Let's consider the following figure

The grey box contains a blue stick which is fixed. The blue stick has a length of $$a+b+c$$ and two diameters $$f,h$$. The diameter $$h$$ describes the part $$b$$ of the stick. The stick is fixed in the plane but the plane is not connected to the grey box. A force $$F$$ is pushing against the withe plane like in the picture. How much force is needed to break off the stick in part $$b$$?

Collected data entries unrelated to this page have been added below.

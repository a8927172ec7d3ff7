-- ===== src/Config.antt =====
-- internal/config: the configuration file, its defaults and what is accepted. Durations are nanoseconds.
-- YAML, net/url and net.ParseIP are parameters.
pub mod Accepted
use goedge_ip_cert.Prelude.{
  String, Bool, true, false, not, ◌&&◌, ◌||◌, Option, none, some, List, [], ◌∷◌, ◌=s=◌,
  if◌then◌else◌,
}
use goedge_ip_cert.Prelude.Int.{ℤ, pos, eq_ℤ, ltb_ℤ, not_positive, ◌*ℤ◌}
use goedge_ip_cert.Error.{Error, message, wrapped}
use goedge_ip_cert.Action.{
  Result, ok, err, Action, pass, fail, on, on_option, refuse_if, wrap_error, ◌>>=◌, ◌>>◌,
}
use goedge_ip_cert.Ipv4.{codes, parse_public}
use goedge_ip_cert.Security.Secret.{SecretRef, Secrets, load_secret}
use goedge_ip_cert.Security.Redact.{has_prefix}
use goedge_ip_cert.GoEdge.Model.{Credentials}
use goedge_ip_cert.Scheduler.{Policy, hours}

pub record GoEdgeConfig : Type 0 where
  pub endpoint : String
  pub identity_type : String
  pub access_key_id : SecretRef
  pub access_key : SecretRef
  pub request_timeout : ℤ

pub record DatabaseConfig : Type 0 where
  pub name : String
  pub dsn : SecretRef

pub record AcmeConfig : Type 0 where
  pub directory_url : String
  pub email : String
  pub account_dir : String

pub record Schedule : Type 0 where
  pub renew_before : ℤ
  pub retry_min : ℤ
  pub retry_max : ℤ
  pub jitter_max : ℤ

pub record Config : Type 0 where
  pub version : ℤ
  -- target.ipv4
  pub ipv4 : String
  pub goedge : GoEdgeConfig
  pub database : DatabaseConfig
  pub acme : AcmeConfig
  -- state.path
  pub state_path : String
  pub schedule : Schedule

-- What url.Parse makes of an endpoint.
pub record Url : Type 0 where
  pub scheme : String
  pub host : String
  pub hostname : String
  pub has_user : Bool
  pub raw_query : String
  pub fragment : String

-- net/url and net: `is_loopback` is none where net.ParseIP returns nil.
pub record Net : Type 0 where
  pub parse_url : String → Option Url
  pub is_loopback : String → Option Bool

abbrev pub lets_encrypt_production : String
lets_encrypt_production = "https://acme-v02.api.letsencrypt.org/directory"

abbrev pub lets_encrypt_staging : String
lets_encrypt_staging = "https://acme-staging-v02.api.letsencrypt.org/directory"

abbrev pub default : ℤ → ℤ → ℤ
default value chosen = if eq_ℤ chosen (pos 0) then value else chosen

unfoldable pub set_defaults : Config → Config
set_defaults c = record c {
  goedge = record (c.goedge) {
    request_timeout = default (pos 15_000_000_000) c.goedge.request_timeout;
  };
  schedule = record {
    renew_before = default (pos 259_200_000_000_000) c.schedule.renew_before;
    retry_min = default (pos 900_000_000_000) c.schedule.retry_min;
    retry_max = default (pos 21_600_000_000_000) c.schedule.retry_max;
    jitter_max = default (pos 600_000_000_000) c.schedule.jitter_max;
  };
}

abbrev is_unset : SecretRef → Bool
is_unset ref = ref.file =s= "" && ref.env =s= ""

-- filepath.IsAbs, on Unix
unfoldable pub is_abs : String → Bool
unfolding has_prefix
is_abs path = has_prefix "/" path

-- `host == "localhost"`, or the text of a loopback address
unfoldable pub is_local_host : Net → String → Bool
is_local_host net host = host =s= "localhost" || on_option (net.is_loopback host) false (λ b. b)

unfoldable pub accepts_url : Net → Url → Bool
unfolding is_local_host
accepts_url net url =
    not (url.scheme =s= "")
    && not (url.host =s= "")
    && (url.scheme =s= "http" || url.scheme =s= "https")
    && not url.has_user
    && url.raw_query =s= ""
    && url.fragment =s= ""
    && is_local_host net url.hostname

unfoldable pub accepts_endpoint : Net → String → Bool
unfolding accepts_url
accepts_endpoint net endpoint =
    on_option (net.parse_url endpoint) false (λ url. accepts_url net url)

unfoldable pub accepts_goedge : GoEdgeConfig → Bool
accepts_goedge c =
    (c.identity_type =s= "admin" || c.identity_type =s= "user")
    && not (is_unset c.access_key_id)
    && not (is_unset c.access_key)

unfoldable pub accepts_acme : AcmeConfig → Bool
unfolding is_abs
accepts_acme c =
    (c.directory_url =s= lets_encrypt_production || c.directory_url =s= lets_encrypt_staging)
    && not (c.email =s= "")
    && not (c.account_dir =s= "")
    && is_abs c.account_dir

unfoldable pub accepts_schedule : Schedule → Bool
unfolding ◌*ℤ◌
accepts_schedule s =
    not (ltb_ℤ s.renew_before (hours 48))
    && not (ltb_ℤ (hours 96) s.renew_before)
    && not (not_positive s.retry_min)
    && not (ltb_ℤ s.retry_max s.retry_min)
    && not (ltb_ℤ s.jitter_max (pos 0))

-- (*Config).Validate
unfoldable pub validate : {X : Type 0} → Net → Config → Action X (Unit {0})
unfolding accepts_endpoint accepts_goedge accepts_acme accepts_schedule is_abs
validate net c = do
  refuse_if (not (eq_ℤ c.version (pos 1))) (message "the version of the configuration")
  on (parse_public (codes c.ipv4)) (λ ip. pass tt) (λ e. fail e)
  refuse_if (not (accepts_endpoint net c.goedge.endpoint)) (message "goedge.endpoint")
  refuse_if (not (accepts_goedge c.goedge)) (message "goedge.identity_type or the access key")
  refuse_if (c.database.name =s= "" || is_unset c.database.dsn) (message "database")
  refuse_if (not (accepts_acme c.acme) || c.state_path =s= "" || not (is_abs c.state_path))
      (message "acme or state.path")
  refuse_if (not (accepts_schedule c.schedule)) (message "schedule")

-- Load: `read` is os.Open with the YAML decoder.
unfoldable pub load : {X : Type 0} → Net → Action X Config → Action X Config
unfolding set_defaults validate
load net read = do
  decoded ← wrap_error (wrapped "read the configuration") read
  let config = set_defaults decoded
  validate net config
  pass config

-- GoEdgeCredentials.Credentials
unfoldable pub credentials : {X : Type 0} → Secrets X → GoEdgeConfig → Action X Credentials
unfolding load_secret
credentials secrets c = do
  id ← load_secret secrets c.access_key_id
  key ← load_secret secrets c.access_key
  pass (record { identity_type = c.identity_type; access_key_id = id; access_key = key })

-- The policy that cmd/goedge-ip-cert gives the scheduler
abbrev pub policy_of : Schedule → Policy
policy_of s = record {
  renew_before = s.renew_before;
  retry_min = s.retry_min;
  retry_max = s.retry_max;
  jitter_max = s.jitter_max;
}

• How much effort have you applied to try to obtain a proposed solution? Commented Feb 26, 2023 at 20:03
• I don't have an idea how I could solve this because I had never a mechanical problem with a notch. What I also can say is that I see two different ways how this plane could move: One way would be striaght downward if the force is close to the notch or the plane is rotated if the force comes from the outer part of the plane. Commented Feb 26, 2023 at 20:26
• I just have some knowledge about bending sticks and not about stuff like in my picture. Commented Feb 26, 2023 at 20:43
• Apply your knowledge about bending sticks to try to solve the problem. We should like to see how far that takes you. Commented Feb 26, 2023 at 20:57
• Does the white plane slide against the grey plane or does it tilt ie pivot at the lower left corner? Commented Feb 26, 2023 at 21:18

$$X_F=a+b+c+d/2$$ We calculate the equivalent I of the cantilever beam, with the parallel axis. When it bends it will rotate about a point at the lower corner of the gray support, call it point A. Let's annotate the thickness of the bar, B.
$$I_{Beam} =I_{stick}+ A_{stick}*Y^2_{stick}$$ $$I_{stick}= bh^3/12$$ $$I_{Beam}=bh^3/12+bh(e+f/2)^2$$
$$\sigma_y=\frac{MC}{I_{Beam}}=\frac{(F*x)(e+f/2)}{bh^3/12+bh(e+f/2)^2}$$ $$F*X=\frac{\sigma y*(bh^3/12+bh(e+f/2)^2)}{e+f/2}$$
$$F=\frac{\sigma y*(bh^3/12+bh(e+f/2)^2)}{(e*f/2)*(a+b+c+d/2)}$$